-- ===== src/Inventory/Sales.antt =====
-- payments/services.py's fulfill_hold keeps the inventory's invariant: the places and seats of the
-- hold become sold in the same transaction that deletes the hold.
use boxoffice.Common.{
  ℕ, ◌+◌, ◌≤◌, ◌≡◌, refl, sym, ap, subst, ◌∙◌, inl, inr, Bool, true, false, not, ◌&&◌, ◌||◌, some,
  List, [], ◌∷◌, arith, ◌==◌, if◌then◌else◌, ==_iff, &&_split, Bool-cases, select, find_first, any,
  contains,
}
use boxoffice.Common.Text.{Text}
use boxoffice.Db.{Db, GaAllocation, HoldSeat, Hold, Order}
use mathlib.Core.Path.{ap₂}
use mathlib.Core.Bool.{false≢true}
use boxoffice.Common.Counting.{
  count_by-append, any-append, count_by-zero, any_of_count, any-select, count_by-delete,
  sum_by-delete, select-select,
}
use boxoffice.Orders.Availability.{
  is_active, holds_seat, get_allocation, is_ticketed, is_live_for, held_quantity, seat_ids_of,
}
use boxoffice.Payments.Fulfill.{with_ga, ga_tickets, sell_places, delete_hold}
use boxoffice.Inventory.{IsSound, ga_held, is_holding}
use boxoffice.Inventory.Changes.{is_ga_holding, ga_held-eq, delete-IsSound}
use boxoffice.Inventory.Same.{All-weaken, SameInventory, same-IsSound}
use boxoffice.Inventory.Minting.{any-ga_tickets, ga_tickets-Keyed, Minted}

-- The hold is in the table, found by some query, and active.
pub record IsLive (now : ℕ) (db : Db) (hold : Hold) : Type 0 where
  pub test : Hold → Bool
  pub found : find_first test db.holds ≡ some hold
  pub active : is_active now hold ≡ true

abbrev keep : Hold → Hold → Bool
keep hold h = not (h.id == hold.id)

keep_self : (hold : Hold) → keep hold hold ≡ false
keep_self hold = ground arith

module _ (now : ℕ) (db : Db) (hold : Hold) (v : IsSound now db) (l : IsLive now db hold) where
  -- Once the hold is gone, nobody holds its seats.
  pub nobody_holds :
      (s : ℕ)
      → holds_seat s hold ≡ true
      → any (is_holding hold.performance s now) (select (keep hold) db.holds) ≡ false
  nobody_holds s h =
      let q : is_holding hold.performance s now hold ≡ true = ground (arith, l.active, h) in
      let less =
        count_by-delete l.test (keep hold) (is_holding hold.performance s now) db.holds hold l.found
          q (keep_self hold) in
      rw any-select (any_of_count _ db.holds (omega (arith, less, v.held_once hold.performance s)))

  -- ... and its places are no longer held.
  pub fewer_held :
      (n : ℕ)
      → hold.quantity ≡ some n
      → ga_held (delete_hold db hold) hold.performance now + n ≤ ga_held db hold.performance now
  fewer_held n h =
      let q : is_ga_holding hold.performance now hold ≡ true = ground (arith, l.active, h) in
      let less =
        sum_by-delete held_quantity l.test (keep hold) (is_ga_holding hold.performance now) db.holds
          hold l.found q (keep_self hold) in
      rw
        (
          ga_held-eq (delete_hold db hold) hold.performance now,
          ga_held-eq db hold.performance now,
          select-select,
        )
        (ground (arith, less, h))

  gone : IsSound now (delete_hold db hold)
  gone = delete-IsSound (keep hold) now db v

-- The allocation of a performance after a sale.
sell_places-first :
    (p performance q : ℕ) (xs : List GaAllocation) (a : GaAllocation)
    → find_first (λ a. a.performance == p) (sell_places performance q xs) ≡ some a
    → (a₀ : GaAllocation) × (find_first (λ a. a.performance == p) xs ≡ some a₀)
      × (a.capacity ≡ a₀.capacity)
      × (a.sold ≡ a₀.sold + (if performance == p then q else 0))
sell_places-first p performance q [] a e = absurd (cc e)
sell_places-first p performance q (x ∷ xs) a e = elim (Bool-cases (x.performance == p)) [
  | inl here ↦ (x, rw here, ground (arith, here), ground (arith, here))
  | inr later ↦
      let (a₀, e₀, cap, sold) = sell_places-first p performance q xs a (ground (arith, later)) in
      (a₀, rw later e₀, cap, sold)
]

module _ (new_token : ℕ → Text) (now : ℕ) (db : Db) (hold : Hold) (order : Order)
    (v : IsSound now db) (l : IsLive now db hold) where
  -- A seat that a hold still has is not among those that were minted.
  Minted-not_held :
      (db' : Db) (seats : List HoldSeat)
      → ((s : ℕ) → contains s (seat_ids_of seats) ≡ true → holds_seat s hold ≡ true)
      → Minted new_token hold order seats db db'
      → (p s : ℕ) → any (is_holding p s now) (select (keep hold) db.holds) ≡ true
      → is_ticketed db' p s ≡ false
  Minted-not_held db' seats sub m p s e =
      let unsold = (gone now db hold v l).held_not_sold p s e in
      elim (Bool-cases (hold.performance == p && contains s (seat_ids_of seats))) [
        | inl both ↦
            let (here, minted) =
              &&_split (hold.performance == p) (contains s (seat_ids_of seats)) both in
            let e' =
              subst (λ k. any (is_holding k s now) (select (keep hold) db.holds) ≡ true)
                (sym ((==_iff hold.performance p).0 here)) e in
            absurd (false≢true (sym (nobody_holds now db hold v l s (sub s minted)) ∙ e'))
        | inr neither ↦ m.ticketed p s ∙ ap₂ ◌||◌ unsold neither
      ]

  pub mint_seats-IsSound :
      (db' : Db) (seats : List HoldSeat)
      → ((s : ℕ) → contains s (seat_ids_of seats) ≡ true → holds_seat s hold ≡ true)
      → Minted new_token hold order seats db db'
      → IsSound now (delete_hold db' hold)
  unfolding ga_held
  mint_seats-IsSound db' seats sub m =
      let rest = record (delete_hold db' hold) { tickets = db.tickets } in
      let same : SameInventory (delete_hold db hold) rest = record {
        performance = m.performance;
        allocations = m.allocations;
        holds = ap (select (keep hold)) m.holds;
        tickets = refl;
        next_id = m.next_id;
      } in
      let base = same-IsSound now (delete_hold db hold) rest same (gone now db hold v l) in
      record {
        scoped = base.scoped;
        ga_fits = base.ga_fits;
        held_once = base.held_once;
        held_not_sold = λ p s e.
            Minted-not_held db' seats sub m p s
              (subst (λ hs. any (is_holding p s now) (select (keep hold) hs) ≡ true) m.holds e);
        sold_once = m.sold_once v.sold_once;
        key_once = base.key_once;
        keys = base.keys;
        tickets_keyed = m.tickets_keyed v.tickets_keyed;
      }

  ga_held-mint :
      (tier q p : ℕ)
      → ga_held (delete_hold (with_ga new_token db hold order tier q) hold) p now
        ≡ ga_held (delete_hold db hold) p now
  unfolding ga_held
  ga_held-mint tier q p = refl

  with_ga-ga_fits :
      (tier q : ℕ)
      → hold.quantity ≡ some q
      → (p : ℕ) (a : GaAllocation)
      → get_allocation (with_ga new_token db hold order tier q) p ≡ some a
      → a.sold + ga_held (delete_hold (with_ga new_token db hold order tier q) hold) p now
        ≤ a.capacity
  with_ga-ga_fits tier q h p a e =
      let (a₀, e₀, cap, sold) = sell_places-first p hold.performance q db.allocations a e in
      elim (Bool-cases (hold.performance == p)) [
        | inl here ↦
            let same = (==_iff hold.performance p).0 here in
            let e' =
              subst (λ k. find_first (λ a. a.performance == k) db.allocations ≡ some a₀) (sym same)
                e₀ in
            ground (
              arith,
              here,
              same,
              cap,
              sold,
              ga_held-mint tier q p,
              v.ga_fits hold.performance a₀ e',
              fewer_held now db hold v l q h,
            )
        | inr other ↦
            ground (
              arith,
              other,
              cap,
              sold,
              ga_held-mint tier q p,
              (gone now db hold v l).ga_fits p a₀ e₀,
            )
      ]

  pub with_ga-IsSound :
      (tier q : ℕ)
      → hold.quantity ≡ some q
      → IsSound now (delete_hold (with_ga new_token db hold order tier q) hold)
  with_ga-IsSound tier q h =
      let base = gone now db hold v l in
      record {
        scoped = base.scoped;
        ga_fits = with_ga-ga_fits tier q h;
        held_once = base.held_once;
        held_not_sold = λ p s e. ground (
          arith,
          any-append (is_live_for p s) db.tickets (ga_tickets new_token q hold order db.next_id),
          any-ga_tickets new_token hold order p s q db.next_id,
          base.held_not_sold p s e,
        );
        sold_once = λ p s. rw count_by-append (
            ground (
              arith,
              count_by-zero (is_live_for p s) (ga_tickets new_token q hold order db.next_id),
              any-ga_tickets new_token hold order p s q db.next_id,
              v.sold_once p s,
            ));
        key_once = base.key_once;
        keys =
            All-weaken db.next_id (db.next_id + q) (omega arith) (select (keep hold) db.holds)
              base.keys;
        tickets_keyed =
            ga_tickets-Keyed new_token hold order q db.next_id db.tickets v.tickets_keyed;
      }
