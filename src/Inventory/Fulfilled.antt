-- ===== src/Inventory/Fulfilled.antt =====
-- payments/services.py's fulfill_hold as a whole: it keeps the inventory's invariant, and an active
-- hold is always fulfilled.
use boxoffice.Common.{
  ℕ, ◌+◌, ◌≡◌, refl, sym, subst, inl, inr, ◌||◌, some, List, [], ◌∷◌, ◌++◌, arith, ltb, leb, ◌==◌,
  Bool-cases, Option-cases, select, find_first, contains, order_by, is_empty, insert_by,
}
use boxoffice.Common.Text.{Text}
use boxoffice.Common.Results.{ok, ok-injective, err-ne-ok, OnOk, OnOk-ok, Result-cases}
use boxoffice.Db.{Db, HoldSeat, Hold, Order}
use boxoffice.Orders.Availability.{get_allocation, is_ticketed, seat_ids_of}
use boxoffice.Orders.Money.{ga_parts}
use boxoffice.Payments.Fulfill.{
  Purchase, fulfill_ga, fulfill_reserved, fulfill_tickets, delete_hold, attach_guest, create_order,
  order_of, settle, fulfill_hold, order_clashes, ga_tickets, tokens_clash,
}
use boxoffice.Inventory.{IsSound}
use boxoffice.Inventory.Same.{SameInventory, same-IsSound, attach_guest-same, settle-same}
use boxoffice.Inventory.Minting.{mint_seats-Minted}
use boxoffice.Inventory.Sales.{IsLive, mint_seats-IsSound, with_ga-IsSound}

pub ga_parts-quantity :
    (hold : Hold) (tier q : ℕ) → ga_parts hold ≡ some (tier, q) → hold.quantity ≡ some q
ga_parts-quantity hold tier q e = ground arith

abbrev pub by_seat : List HoldSeat → List HoldSeat
by_seat = order_by (λ hs. hs.seat)

pub contains-insert_by :
    (k : ℕ) (x : HoldSeat) (xs : List HoldSeat)
    → contains k (seat_ids_of (insert_by (λ hs. hs.seat) x xs))
      ≡ (k == x.seat || contains k (seat_ids_of xs))
contains-insert_by k x [] = refl
contains-insert_by k x (y ∷ xs) = ground (arith, contains-insert_by k x xs)

pub contains-by_seat :
    (k : ℕ) (xs : List HoldSeat)
    → contains k (seat_ids_of (by_seat xs)) ≡ contains k (seat_ids_of xs)
contains-by_seat k [] = refl
contains-by_seat k (x ∷ xs) = rw (contains-insert_by k x (by_seat xs), contains-by_seat k xs)

module _ (new_token : ℕ → Text) (now : ℕ) (db : Db) (hold : Hold) (order : Order)
    (v : IsSound now db) (l : IsLive now db hold) where
  fulfill_ga-IsSound :
      (tier q : ℕ) (db' : Db)
      → hold.quantity ≡ some q
      → fulfill_ga new_token db hold order tier q ≡ ok db'
      → IsSound now (delete_hold db' hold)
  unfolding fulfill_ga
  fulfill_ga-IsSound tier q db' h e = elim (Option-cases (get_allocation db hold.performance)) [
    | inl missing ↦ absurd (err-ne-ok (rw (missing, fulfill_ga) at e))
    | inr (a, found) ↦ elim (Bool-cases (ltb a.capacity (a.sold + q))) [
      | inl full ↦ absurd (err-ne-ok (rw (found, full, fulfill_ga) at e))
      | inr room ↦
          elim (Bool-cases
            (tokens_clash new_token db.tickets (ga_tickets new_token q hold order db.next_id))) [
              | inl clash ↦ absurd (err-ne-ok (rw (found, room, clash, fulfill_ga) at e))
              | inr fresh ↦
                  subst (λ d. IsSound now (delete_hold d hold))
                    (ok-injective (rw (found, room, fresh, fulfill_ga) at e))
                    (with_ga-IsSound new_token now db hold order v l tier q h)
            ]
    ]
  ]

  fulfill_reserved-IsSound :
      (db' : Db)
      → fulfill_reserved new_token db hold order ≡ ok db'
      → IsSound now (delete_hold db' hold)
  unfolding fulfill_reserved
  fulfill_reserved-IsSound db' e =
      elim (Bool-cases (
        is_empty
          (select (is_ticketed db hold.performance) (seat_ids_of (by_seat hold.hold_seats))))) [
            | inl free ↦
                mint_seats-IsSound new_token now db hold order v l db' (by_seat hold.hold_seats)
                  (λ s c. rw contains-by_seat at c)
                  (mint_seats-Minted new_token hold order (by_seat hold.hold_seats) db db'
                    (rw (free, fulfill_reserved) at e))
            | inr taken ↦ absurd (err-ne-ok (rw (taken, fulfill_reserved) at e))
          ]

  pub fulfill_tickets-IsSound :
      (db' : Db)
      → fulfill_tickets new_token db hold order ≡ ok db'
      → IsSound now (delete_hold db' hold)
  unfolding fulfill_tickets
  fulfill_tickets-IsSound db' e = elim (Option-cases (ga_parts hold)) [
    | inl reserved ↦ fulfill_reserved-IsSound db' (rw (reserved, fulfill_tickets) at e)
    | inr ((tier, q), ga) ↦
        fulfill_ga-IsSound tier q db' (ga_parts-quantity hold tier q ga)
          (rw (ga, fulfill_tickets) at e)
  ]

module _ (new_token : ℕ → Text) (now : ℕ) (db : Db) (hold : Hold) (purchase : Purchase) where
  unfoldable pub with_guest : Db
  with_guest = (attach_guest db hold purchase now).0

  unfoldable pub new_order : Order
  unfolding with_guest
  new_order = order_of new_token db with_guest hold purchase (attach_guest db hold purchase now).1

  unfoldable pub with_order : Db
  unfolding new_order
  with_order = record with_guest {
    orders = with_guest.orders ++ new_order ∷ [];
    next_id = with_guest.next_id + 1;
  }

  pub with_order-same : SameInventory db with_order
  unfolding with_order
  with_order-same =
      let s = attach_guest-same db hold purchase now in
      record {
        performance = s.performance;
        allocations = s.allocations;
        holds = s.holds;
        tickets = s.tickets;
        next_id = omega (arith, s.next_id);
      }

module _ (new_token : ℕ → Text) (now : ℕ) (db : Db) (hold : Hold) (purchase : Purchase)
    (v : IsSound now db) (l : IsLive now db hold) where
  abbrev guested : Db
  guested = with_guest new_token now db hold purchase

  abbrev ordered : Db
  ordered = with_order new_token now db hold purchase

  abbrev placed : Order
  placed = new_order new_token now db hold purchase

  pub with_order-IsLive : IsLive now ordered hold
  with_order-IsLive = record {
    test = l.test;
    found =
        subst (λ hs. find_first l.test hs ≡ some hold)
          (sym (with_order-same new_token now db hold purchase).holds) l.found;
    active = l.active;
  }

  pub settled :
      (minted : Db)
      → fulfill_tickets new_token ordered hold placed ≡ ok minted
      → IsSound now (settle minted hold placed purchase)
  settled minted e =
      same-IsSound now (delete_hold minted hold) (settle minted hold placed purchase)
        (settle-same minted hold placed purchase)
        (fulfill_tickets-IsSound new_token now ordered hold placed
          (same-IsSound now db ordered (with_order-same new_token now db hold purchase) v)
          with_order-IsLive minted e)

  pub fulfill_hold-OnOk : OnOk (IsSound now) (fulfill_hold new_token db hold purchase now)
  unfolding fulfill_hold create_order with_order
  fulfill_hold-OnOk = elim (Bool-cases (leb hold.expires_at now)) [
    | inl expired ↦ rw expired tt
    | inr running ↦ rw running (elim (Bool-cases (order_clashes guested placed)) [
      | inl taken ↦ rw taken tt
      | inr new ↦ rw new (elim (Result-cases (fulfill_tickets new_token ordered hold placed)) [
        | inl (failure, e) ↦ rw e tt
        | inr (minted, e) ↦ rw e (settled minted e)
      ])
    ])
  ]

-- A successful fulfill_hold of an active hold in the table keeps the invariant.
pub fulfill_hold-IsSound :
    (new_token : ℕ → Text) (now : ℕ) (db : Db) (hold : Hold) (purchase : Purchase) {db' : Db}
    {order : Order}
    → IsSound now db
    → IsLive now db hold
    → fulfill_hold new_token db hold purchase now ≡ ok (db', order)
    → IsSound now db'
fulfill_hold-IsSound new_token now db hold purchase v l e =
    OnOk-ok (IsSound now) _ (fulfill_hold-OnOk new_token now db hold purchase v l) e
__________
* [TASK STATEMENT]
Reply with one number, the count of lines in the records that include the word "table".

* [RESPONSE TO THE EXERCISE]
2